Un homme à la mer de Patrick Viret

Le film s'ouvre de manière paradoxale, sur une fenêtre qui est moins là pour fixer le cadre que pour le rompre, le diffracter par un jeu de reflets et briser la ligne d'horizon. Une voix, celle du poète Jean-Pierre le Goff, semble dire que le film n'a pas vraiment commencé, qu'il cherche encore son point d'écoute. "Je n'entends rien, il n'y a pour ainsi dire pas de bruit".  Mais précisément, qu'est-ce qui commence dans un film, et à quel moment ? En mettant à l'abord même du film l'accent sur cette question de l'audition, Patrick Viret manifeste d'emblée qu'Un homme à la mer va explorer l'espace depuis sa dimension phonique et grâce à elle. La voix off, où se signale une perte des sens et du sens, un brouillage des repères, s'inscrit dans un geste de composition sonore et musicale signée par Nicolas Losson, ce qui est une manière pour Patrick Viret de mettre en évidence qu'un rythme, qui habite le monde, franchit l'espace, donne au visible d'apparaitre et peut venir porter au-delà d'elle-même une parole qui ne nous adresse pourtant que ses failles et sa propre impossibilité.

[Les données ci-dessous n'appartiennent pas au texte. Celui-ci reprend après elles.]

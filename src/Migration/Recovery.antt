-- ===== src/Migration/Recovery.antt =====
-- The recovery of an interrupted migration: recoverIncompleteLocked, recoverOne and
-- recoverSplitForward in internal/migration/transaction.go.
pub mod States
pub mod Coherence
pub mod Settled
use droid_proxy.Prelude.{
  Bool, true, false, not, ◌&&◌, ◌||◌, Option, none, some, List, [], ◌∷◌, String, if◌then◌else◌,
}
use droid_proxy.Prelude.GoLibrary.{GoLibrary}
use droid_proxy.Prelude.Maps.{string_eq, lookup}
use droid_proxy.Migration.World.{
  Target, completed, aborted, Record, World, third_hash, target_missing, not_trusted, ok, M, ◌>>=◌,
  ◌>>◌, pure, fail, require, write_journal,
}
use droid_proxy.Migration.Targets.{
  commit_target, Assessment, target_old, target_new, target_third, target_unreadable, assess,
  cleanup_staged_files,
}
use droid_proxy.Migration.Targets
use droid_proxy.Migration.Journal.{is_in_progress, is_trusted_journal, list_journals}

pub data Action : Type 0 where
  migrated : Action
  recovered : Action
  no_op : Action

pub record TransactionResult : Type 0 where
  pub id : String
  pub action : Action

-- `&TransactionResult{Action: "no-op"}`.
abbrev pub nothing_done : TransactionResult
nothing_done = record { id = ""; action = no_op }

abbrev pub is_no_op : TransactionResult → Bool
is_no_op r = elim r.action [ no_op ↦ true | _ ↦ false ]

abbrev pub is_old : Assessment → Bool
is_old target_old = true
is_old _ = false

abbrev pub is_new : Assessment → Bool
is_new target_new = true
is_new _ = false

abbrev pub is_third : Assessment → Bool
is_third target_third = true
is_third _ = false

abbrev pub is_missing : Assessment → Bool
is_missing Assessment.target_missing = true
is_missing _ = false

abbrev pub now_iso : M String
now_iso w = (ok w.clock, w)

abbrev pub as_committed : Option Target → Option Target
as_committed none = none
as_committed (some t) = some (record t { committed = true })

-- Nothing was committed: the transaction is aborted.
unfoldable pub abort : Record → M TransactionResult
abort r = do
  now ← now_iso
  write_journal (record r { status = aborted; aborted_at = now })
  cleanup_staged_files r
  pure nothing_done

-- The end of every recovery that has changed or found changed targets.
unfoldable pub finish : Record → M TransactionResult
finish r = do
  now ← now_iso
  write_journal (record r { status = completed; completed_at = now })
  cleanup_staged_files r
  pure record { id = r.id; action = recovered }

-- Commit a target that is still old and not marked as committed.
unfoldable pub roll_forward : GoLibrary → Assessment → Option Target → M (Option Target)
roll_forward go a none = pure none
roll_forward go a (some t) =
    if not t.committed && is_old a
    then (commit_target go t >> pure (some (record t { committed = true })))
    else pure (some t)

unfoldable pub recover_split_forward :
    GoLibrary → Record → Assessment → Assessment → M TransactionResult
recover_split_forward go r a b =
    if is_third a || is_third b
    then fail third_hash
    else if is_missing a || is_missing b
    then fail target_missing
    else do
      c ← roll_forward go a r.config
      f ← roll_forward go b r.factory
      finish (record r { config = c; factory = f })

unfoldable pub recover_from : GoLibrary → Record → Assessment → Assessment → M TransactionResult
recover_from go r a b =
    if is_old a && is_old b
    then abort r
    else if is_new a && is_new b
    then finish (record r { config = as_committed r.config; factory = as_committed r.factory })
    else recover_split_forward go r a b

unfoldable pub recover_one : GoLibrary → Record → M TransactionResult
recover_one go r w = recover_from go r (assess go w r.config) (assess go w r.factory) w

abbrev pub check_journal : Record → M (Unit {0})
check_journal r w = require (is_trusted_journal (lookup r.id w.journals)) not_trusted w

unfoldable pub recover_each : GoLibrary → List Record → M TransactionResult
recover_each go [] = pure nothing_done
recover_each go (r ∷ rs) =
    let rest = recover_each go rs in
    if is_in_progress r.status
    then (do
      check_journal r
      result ← recover_one go r
      if is_no_op result then rest else pure result)
    else rest

unfoldable pub recover_incomplete : GoLibrary → M TransactionResult
recover_incomplete go = list_journals >>= recover_each go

Ce plan initial sur la fenêtre contient en quelque sorte tout le film en abrégé. Il fait notre regard se porter à la fois dedans et dehors, dans un même instant que le montage va déplier en envoyant notre attention alternativement en direction de l’intérieur et de l'extérieur. Tantôt le regard se porte vers l'horizon ou plonge sur les rails qui jouxtent l'hôtel du Belvédère où le film a été tourné, tantôt il sillonne les pièces intérieures de ce lieu, pour y rencontrer des formes plastiques, peintures et sculptures composées par Lubomír Dostál (1) qui viennent donner un vis-à-vis, et donc un visage, à la perte de soi qui témoigne d'elle-même dans le film. Ce va et vient, ce jeu d’entrées et de sorties se donne progressivement comme le mouvement d'intériorisation d'une mémoire qui se cherche elle-même, quand toute clarté se refuse à elle et que la nuit qui vient s'annonce définitive.

Il appartient sans doute au cinéma de nous rappeler que si l'espace que nous traversons peut se déployer devant nous, c’est parce que les objets qui le peuplent, en s'immisçant à travers lui, le distribuent et le rendent habitable. Quand l'obscurité est grandissante et qu'il n'y a plus de lueur que celle de la lune, les formes pétries par des mains humaines peuvent continuer de nous éclairer et de nous guider à travers la nuit. Ce sont ces figures qui portent finalement une lumière sur le monde, tranchent sur et dans le noir pour que quelque chose s'y ouvre enfin, et que nous apparaisse pleinement, quand la musique s'éteint, ce moi que nous étions vus de l'extérieur, les uns pour les autres.

(1) Le film a été tourné à l’occasion de l’exposition Lubomír Dostál au Belvédère du Rayo-Vert.